静かな部屋で、どこからか「プープー」という音がする…。よく聞いてみると、愛猫が鼻をプツプツ、プープーと鳴らしているようです。普段は静かな猫の呼吸音が突然このようになる原因と、飼い主さんが行うべき対処法を探っていきましょう。
鼻の異常音の正体は鼻詰まり
猫の鼻からプツプツ音がするのは、鼻詰まりによるもの。人間でも鼻が詰まると呼吸がしづらいなどの不快感を覚えますが、猫にとっての鼻詰まりはもう少しつらいもののようです。
猫は自分で鼻をかめないため、鼻詰まりや鼻水に対してなすすべがありません。加えて、くしゃみや涙にも悩まされ、顔中がぐしゃぐしゃになってしまう場合も。鼻詰まりは隠れた病気のサインの可能性があるので、放置せずに獣医師に相談する必要があります。
中には寝ている時に「プープー」「ピーピー」といういびきをする猫がいます。音の大きい寝息程度なら問題はありませんが、寝ると毎回いびきをかく、いびきが異様に大きい、起きている時でもいびきのようなノイズを発する、といった時は、慢性的な鼻詰まりの可能性があります。こちらも獣医師に相談を。
猫の鼻詰まりの原因と対処法
小さくてかわいらしい猫の鼻ですが、人間の1〜10万倍もの嗅覚を備えるとても大切な器官です。その鼻が詰まってしまう原因は一体何なのでしょうか。そして、飼い主さんが取るべき対応とは?
アレルギー性鼻炎
人間と同じく、猫にもアレルギー物質によって引き起こされる鼻炎があります。長期間にわたって、あるいは季節的に鼻水やくしゃみが続く場合は、動物病院でアレルギー検査をするのも一つの手でしょう。
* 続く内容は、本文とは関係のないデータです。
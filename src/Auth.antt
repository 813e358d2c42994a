-- ===== src/Auth.antt =====
-- frontend/src/store/authStore.ts: the session, in the store's memory and in `localStorage`.
pub mod Laws
pub mod Tests
use zhici_photo_upload_platf.Prelude.{Bool, Option, Text, false, none, some, true, truthy, ℕ, ◌&&◌}

pub data Role : Type 0 where
  user admin : Role

pub record User : Type 0 where
  pub id : ℕ
  pub username : Text
  pub email : Text
  pub role : Role
  pub avatar_url : Option Text
  pub storage_used : ℕ

-- What `JSON.parse` makes of the text under the key `user`: `null` or a user, or it throws.
pub data StoredUser : Type 0 where
  json : Option User → StoredUser
  garbage : StoredUser

-- The three keys of `localStorage`.
pub record Storage : Type 0 where
  pub access_token : Option Text
  pub refresh_token : Option Text
  pub user : Option StoredUser

pub record Stored : Type 0 where
  pub access_token : Option Text
  pub refresh_token : Option Text
  pub user : Option User

pub record AuthState : Type 0 where
  pub access_token : Option Text
  pub refresh_token : Option Text
  pub user : Option User
  pub is_authenticated : Bool
  pub is_admin : Bool

-- The store together with the browser's storage.
pub record Session : Type 0 where
  pub storage : Storage
  pub state : AuthState

abbrev pub empty_storage : Storage
empty_storage = record { access_token = none; refresh_token = none; user = none }

abbrev pub signed_out : AuthState
signed_out = record {
  access_token = none;
  refresh_token = none;
  user = none;
  is_authenticated = false;
  is_admin = false;
}

-- `!!token`.
abbrev pub present : Option Text → Bool
present none = false
present (some t) = truthy t

-- `!!user`.
abbrev pub is_some : Option User → Bool
is_some none = false
is_some (some u) = true

abbrev pub is_admin_role : Role → Bool
is_admin_role user = false
is_admin_role admin = true

-- `user?.role === 'admin'`.
abbrev pub is_admin_user : Option User → Bool
is_admin_user none = false
is_admin_user (some u) = is_admin_role u.role

stored_with : Storage → Option StoredUser → Stored
stored_with s none = record {
  access_token = s.access_token;
  refresh_token = s.refresh_token;
  user = none;
}
stored_with s (some (json u)) = record {
  access_token = s.access_token;
  refresh_token = s.refresh_token;
  user = u;
}
stored_with s (some garbage) = record { access_token = none; refresh_token = none; user = none }

-- A missing `user` is read as the text `null`; a text that does not parse voids all three keys.
unfoldable pub get_stored : Storage → Stored
unfolding stored_with
get_stored s = stored_with s s.user

-- The state that the store starts with, and that `loadFromStorage` sets.
unfoldable pub state_of : Stored → AuthState
state_of s = record {
  access_token = s.access_token;
  refresh_token = s.refresh_token;
  user = s.user;
  is_authenticated = present s.access_token && is_some s.user;
  is_admin = is_admin_user s.user;
}

-- Loading the module.
unfoldable pub open_app : Storage → Session
unfolding state_of get_stored
open_app s = record { storage = s; state = state_of (get_stored s) }

unfoldable pub set_auth : Text → Text → User → Session → Session
set_auth access refresh u s = record {
  storage = record {
    access_token = some access;
    refresh_token = some refresh;
    user = some (json (some u));
  };
  state = record {
    access_token = some access;
    refresh_token = some refresh;
    user = some u;
    is_authenticated = true;
    is_admin = is_admin_role u.role;
  };
}

unfoldable pub set_access_token : Text → Session → Session
set_access_token token s = record {
  storage = record {
    access_token = some token;
    refresh_token = s.storage.refresh_token;
    user = s.storage.user;
  };
  state = record {
    access_token = some token;
    refresh_token = s.state.refresh_token;
    user = s.state.user;
    is_authenticated = s.state.is_authenticated;
    is_admin = s.state.is_admin;
  };
}

unfoldable pub clear_auth : Session → Session
clear_auth s = record { storage = empty_storage; state = signed_out }

unfoldable pub load_from_storage : Session → Session
unfolding state_of get_stored
load_from_storage s = record { storage = s.storage; state = state_of (get_stored s.storage) }
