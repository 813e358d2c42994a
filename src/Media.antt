-- ===== src/Media.antt =====
-- What the pages read of the backend's answers, and the effects of their handlers: calls, messages to
-- the user, stale queries and navigation.
use zhici_photo_upload_platf.Api.{Call}
use zhici_photo_upload_platf.Auth.{User}
use zhici_photo_upload_platf.Prelude.{
  Bool, Inline, List, Option, String, Text, [], if◌then◌else◌, lit, none, not, some, true, truthy,
  txt, ℕ, ◌&&◌, ◌==◌, ◌∷◌,
}

-- A tag of the tag list.
pub record Tag : Type 0 where
  pub id : ℕ
  pub name : Text
  pub color : Option Text
  pub count : Option ℕ

-- A tag of an image.
pub record ImageTag : Type 0 where
  pub id : ℕ
  pub name : Text
  pub active : Bool
  pub count : ℕ

pub record Image : Type 0 where
  pub id : ℕ
  pub filename : Text
  pub url : Text
  pub thumbnail_url : Option Text
  pub download_url : Option Text
  pub alt_text : Option Text
  pub username : Option Text
  pub mime_type : Option Text
  pub file_size : ℕ
  pub width : Option ℕ
  pub height : Option ℕ
  pub view_count : Option ℕ
  pub created_at : Text
  pub tags : List ImageTag

pub data Place : Type 0 where
  page_at : String → Place
  -- a page with the query of its address
  page_with : (path query : String) → Place
  image_page : ℕ → Place
  back : Place

pub data Effect : Type 0 where
  call : Call → Effect
  success error warning notice : List Inline → Effect
  -- `invalidateQueries` of a key, with its number if it has one
  invalidate : String → Option ℕ → Effect
  navigate : Place → Effect
  -- `setTimeout` with a delay in milliseconds
  later : ℕ → Effect → Effect
  copy_text : Text → Effect
  copy_inline : List Inline → Effect
  -- `setAuth` and `clearAuth` of the session's store
  start_session : (access refresh : Text) → User → Effect
  end_session : Effect
  -- `setTimeout` of a change of the page's own state, in milliseconds
  timer : ℕ → Effect
  -- `URL.revokeObjectURL` of a preview
  revoke_url : ℕ → Effect

-- `a ?? 0`.
abbrev pub or_zero : Option ℕ → ℕ
or_zero none = 0
or_zero (some n) = n

-- `err.response?.data?.message || '…'`.
abbrev pub error_text : Option Text → String → List Inline
error_text none default = lit default ∷ []
error_text (some []) default = lit default ∷ []
error_text (some (c ∷ s)) default = txt (c ∷ s) ∷ []

abbrev full_stop : ℕ
full_stop = b'.'

no_dot : Text → Bool
no_dot [] = true
no_dot (c ∷ s) = not (c == full_stop) && no_dot s

-- `name.replace(/\.[^.]+$/, '')`: the leftmost dot with a text after it that has no dot, and that
-- text, are dropped.
unfoldable pub strip_extension : Text → Text
unfolding no_dot
strip_extension [] = []
strip_extension (c ∷ s) =
    if c == full_stop && truthy s && no_dot s then [] else c ∷ strip_extension s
アレルギー性鼻炎自体を完治させることは難しいので(これも人間と同様ですね)、検査でアレルゲンが特定できたら、可能な限りアレルゲンを除去し、症状に合わせた投薬や食餌療法などを行います。
猫風邪
鼻水や鼻詰まり、くしゃみ、発熱などの症状を引き起こす病気をいわゆる猫風邪と呼びますが、正式には上部気道感染症という病気です。「風邪」は症状が人間の風邪に似ているために付けられた通称に過ぎず、人間にはうつりません。
猫風邪は、ウイルスが原因となる猫カリシウイルス感染症と猫ウイルス性鼻気管炎、細菌が原因のクラミジア感染症という、3種類。クラミジア感染症以外には有効な薬がないため、体力や免疫力を高めるインターフェロンや二次感染を防ぐ抗生剤などを投与して回復するのを待ちます。
症状が軽い場合は1〜2週間で治癒しますが、重症化すると治るまでに数か月かかることも。また、猫ウイルス性鼻気管炎の原因となるヘルペスウイルスは症状が落ち着いた後も猫の体内に潜伏し続けるので、体力や免疫力が落ちた時などに再発することもあり、注意が必要です。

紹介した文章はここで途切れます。